HARLEQUIN TEMPTATION
902—IT’S A GUY THING!
935—SAY YOU WANT ME
HARLEQUIN BLAZE
82—JUST 4 PLAY
118—RUMOR HAS IT
For Carole, and other daughters who miss their moms
Chapter 1
Chapter 2
Chapter 3
Chapter 4
Chapter 5
Chapter 6
Chapter 7
Chapter 8
Chapter 9
Chapter 10
Chapter 11
Chapter 12
Chapter 13
Chapter 14
Chapter 15
Chapter 16
Chapter 17
Chapter 18
Epilogue
Gardens teach us many lessons, among them humility, hope and the importance of pest control.
WHAT DOES A GIRL have to do to change her luck? Lucy Lake thought as she watched her landlord march past her and deposit her TV by the curb. She’d wanted true love and dated a string of players. She’d wanted a raise and gotten a pink slip. She’d wanted love letters in the mail and instead had gotten an eviction notice. Honestly, how much worse could it get?
“Mr. Kopetsky, it was just a little mix-up at the bank.” She followed her landlord back toward the apartment. Could she help it if she hadn’t kept very good track of her finances? It had been all right when she’d been gainfully employed, but the money she brought in doing temp work since she’d been laid off hadn’t been enough to cover the shopping habit she’d acquired in more flush times.
“Ha!” Kopetsky spat into the oleanders that flanked the walk, narrowly missing the gardener who was planting a flat of marigolds alongside the shrubs. “That check bounced all the way to San Antonio. And it wasn’t the first time either.” He started up the outside stairs toward Lucy’s second floor rooms, pausing to lean over the railing to address the gardener, “Make sure you use that big bark mulch so it don’t blow all the way to Del Rio when the wind comes up. I ain’t payin’ for that stuff to blow away.”
“I’ll take care of it, Mr. K.” The gardener rose, all six feet two inches of him, broad shouldered and bare chested. Even given her distress over her current situation, Lucy couldn’t help gaping at him. Her notoriously fickle libido gave signs of stirring, and the only thought that came into her mind was the old soup slogan: Mmm, mm, good!
“Can I help you with something, ma’am?”
Her libido made a hasty retreat and her shoulders slumped. As too often happened, the Greek God spoiled everything by opening his mouth. Not that his voice wasn’t nice enough—rich and appropriately masculine—but the word “ma’am” was the killer. She was not a ma’am. Her mother was a ma’am. Her grandmother was a ma’am. She, Lucy Lake, was light-years away from ma’am-hood.
“Ma’am?” He did it again, and took a step toward her. “Are you all right?”
“I’m fine,” she snapped, and turned away.
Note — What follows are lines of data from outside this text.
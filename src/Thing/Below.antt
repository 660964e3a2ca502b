-- ===== src/Thing/Below.antt =====
-- pkg/model/thing/manager.go: `isMyChildThing` finds the things below a thing, and no other.
use mathlib.Core.List.{Memᴰ}
use mathlib.Core.Path.{subst}
use harns.Prelude.{
  ℕ, zero, suc, ◌≡◌, refl, sym, ap, ◌∙◌, ◌⊎◌, inl, inr, arith, Bool, true, false, some, some-inj,
  ◌↔◌, List, [], ◌∷◌, Bool-cases,
}
use harns.Prelude.Bytes.{eq_bytes, eq_bytes→eq, eq_bytes_self}
use harns.Prelude.Dict.{Dict}
use harns.Thing.{Thing}
use harns.Thing.Filter.{get_things}
use harns.Thing.Things.{children_of, children_of_all, is_id_of, is_below, is_my_child_thing}
use harns.Thing.Children.{IsChild, append-Mem, Mem-left, Mem-right}

module _ (tenant : List ℕ) (things : Dict Thing) where
  -- A thing stands below another: it is a child of it, or below a child.
  pub data IsBelow : List ℕ → List ℕ → Type 0 where
    child : {p : List ℕ} {t : Thing} → IsChild tenant things p t → IsBelow p t.meta.id
    deeper :
        {p x : List ℕ} {t : Thing} → IsChild tenant things p t → IsBelow t.meta.id x → IsBelow p x

  pub IsBelow-child :
      {p q : List ℕ} {t : Thing} → IsBelow p q → IsChild tenant things q t → IsBelow p t.meta.id
  IsBelow-child (child c) k = deeper c (child k)
  IsBelow-child (deeper c b) k = deeper c (IsBelow-child b k)

  -- One of a list, or below one of it.
  IsReached : List Thing → List ℕ → Type 0
  IsReached cs x = (c : Thing) × Memᴰ c cs × ((x ≡ c.meta.id) ⊎ IsBelow c.meta.id x)

  is_id_of-Mem :
      (cs : List Thing) (x : List ℕ)
      → is_id_of cs x ≡ true
      → (c : Thing) × Memᴰ c cs × (x ≡ c.meta.id)
  is_id_of-Mem [] x h = absurd (ground arith)
  is_id_of-Mem (c ∷ cs) x h = elim (Bool-cases (eq_bytes c.meta.id x)) [
    | inl q ↦ (c, Memᴰ.head refl, sym (eq_bytes→eq c.meta.id x q))
    | inr q ↦ let (c', m, e) = is_id_of-Mem cs x (ground arith) in (c', Memᴰ.tail m, e)
  ]

  Mem-is_id_of : (cs : List Thing) (c : Thing) → Memᴰ c cs → is_id_of cs c.meta.id ≡ true
  Mem-is_id_of [] c m = elim m [ ]
  Mem-is_id_of (d ∷ cs) c (Memᴰ.head e) =
      let same : eq_bytes d.meta.id c.meta.id ≡ true =
        ap (λ (y : Thing). eq_bytes y.meta.id c.meta.id) (sym e) ∙ eq_bytes_self c.meta.id in
      rw same refl
  Mem-is_id_of (d ∷ cs) c (Memᴰ.tail m) = let rest = Mem-is_id_of cs c m in ground arith

  pub children_of_all-Mem :
      (cs : List Thing) (k : Thing)
      → Memᴰ k (children_of_all tenant things cs)
      → (c : Thing) × Memᴰ c cs × IsChild tenant things c.meta.id k
  children_of_all-Mem [] k m = elim m [ ]
  children_of_all-Mem (c ∷ cs) k m =
      elim (append-Mem (get_things tenant things (children_of c.meta.id))
        (children_of_all tenant things cs) m) [
          | inl l ↦ (c, Memᴰ.head refl, l)
          | inr r ↦ let (c', m', k') = children_of_all-Mem cs k r in (c', Memᴰ.tail m', k')
        ]

  Mem-children_of_all :
      (cs : List Thing) (c k : Thing)
      → Memᴰ c cs
      → IsChild tenant things c.meta.id k
      → Memᴰ k (children_of_all tenant things cs)
  Mem-children_of_all [] c k m h = elim m [ ]
  Mem-children_of_all (d ∷ cs) c k (Memᴰ.head e) h =
      Mem-left (get_things tenant things (children_of d.meta.id)) (children_of_all tenant things cs)
        (subst (λ (y : Thing). IsChild tenant things y.meta.id k) e h)
  Mem-children_of_all (d ∷ cs) c k (Memᴰ.tail m) h =
      Mem-right (get_things tenant things (children_of d.meta.id))
        (children_of_all tenant things cs) (Mem-children_of_all cs c k m h)

  is_below_sound :
      (n : ℕ) (cs : List Thing) (x : List ℕ)
      → is_below n tenant things cs x ≡ some true
      → IsReached cs x
  unfolding is_below IsReached
  is_below_sound zero cs x h = cc
  is_below_sound (suc n) [] x h = cc
  is_below_sound (suc n) (c ∷ cs) x h = elim (Bool-cases (is_id_of (c ∷ cs) x)) [
    | inl q ↦ let (c', m, e) = is_id_of-Mem (c ∷ cs) x q in (c', m, inl e)
    | inr q ↦
        let (k, m, r) = is_below_sound n (children_of_all tenant things (c ∷ cs)) x (rw q at h) in
        let (c', m', k') = children_of_all-Mem (c ∷ cs) k m in
        (
          c',
          m',
          inr (elim r [
            | inl e ↦ subst (λ (y : List ℕ). IsBelow c'.meta.id y) (sym e) (child k')
            | inr b ↦ deeper k' b
          ]),
        )
  ]

  IsReached-next :
      (cs : List Thing) (x : List ℕ)
      → is_id_of cs x ≡ false
      → IsReached cs x
      → IsReached (children_of_all tenant things cs) x
  unfolding IsReached
  IsReached-next cs x h (c, m, inl e) =
      let there : is_id_of cs x ≡ true = ap (is_id_of cs) e ∙ Mem-is_id_of cs c m in
      absurd (ground arith)
  IsReached-next cs x h (c, m, inr (child {t = t} k)) =
      (t, Mem-children_of_all cs c t m k, inl refl)
  IsReached-next cs x h (c, m, inr (deeper {t = t} k b)) =
      (t, Mem-children_of_all cs c t m k, inr b)

  is_below_complete :
      (n : ℕ) (cs : List Thing) (x : List ℕ) (b : Bool)
      → is_below n tenant things cs x ≡ some b
      → IsReached cs x
      → b ≡ true
  unfolding is_below IsReached
  is_below_complete zero cs x b h r = cc
  is_below_complete (suc n) [] x b h (c, m, r) = elim m [ ]
  is_below_complete (suc n) (c ∷ cs) x b h r = elim (Bool-cases (is_id_of (c ∷ cs) x)) [
    | inl q ↦ let h' : some true ≡ some b = rw q at h in sym (some-inj h')
    | inr q ↦
        is_below_complete n (children_of_all tenant things (c ∷ cs)) x b (rw q at h)
          (IsReached-next (c ∷ cs) x q r)
  ]

  -- `isMyChildThing` says true exactly of the things that stand below the thing, in any generation,
  -- whenever it returns.
  pub is_my_child_thing-IsBelow :
      (fuel : ℕ) (my_self id : List ℕ) (b : Bool)
      → is_my_child_thing fuel tenant things my_self id ≡ some b
      → (b ≡ true) ↔ IsBelow my_self id
  unfolding is_my_child_thing IsReached
  is_my_child_thing-IsBelow fuel my_self id b h =
      let kids = get_things tenant things (children_of my_self) in
      (
        λ e.
            let (c, m, r) = is_below_sound fuel kids id (h ∙ ap some e) in
            elim r [
              | inl same ↦ subst (λ (y : List ℕ). IsBelow my_self y) (sym same) (child m)
              | inr b ↦ deeper m b
            ],
        λ below. is_below_complete fuel kids id b h (elim below [
          | child {t = t} k ↦ (t, k, inl refl)
          | deeper {t = t} k b ↦ (t, k, inr b)
        ]),
      )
Any man who would call her “ma’am” was not anyone she could be interested in, no matter how broad his shoulders.
Kopetsky marched past her with a box of dishes. “I’m just doing my job here,” he said. “Don’t take this personal or anything.”
“Oh, of course I won’t take it personal.” She raised her voice as he walked away from her. “Why would I take having all my belongings dumped by the curb personal?”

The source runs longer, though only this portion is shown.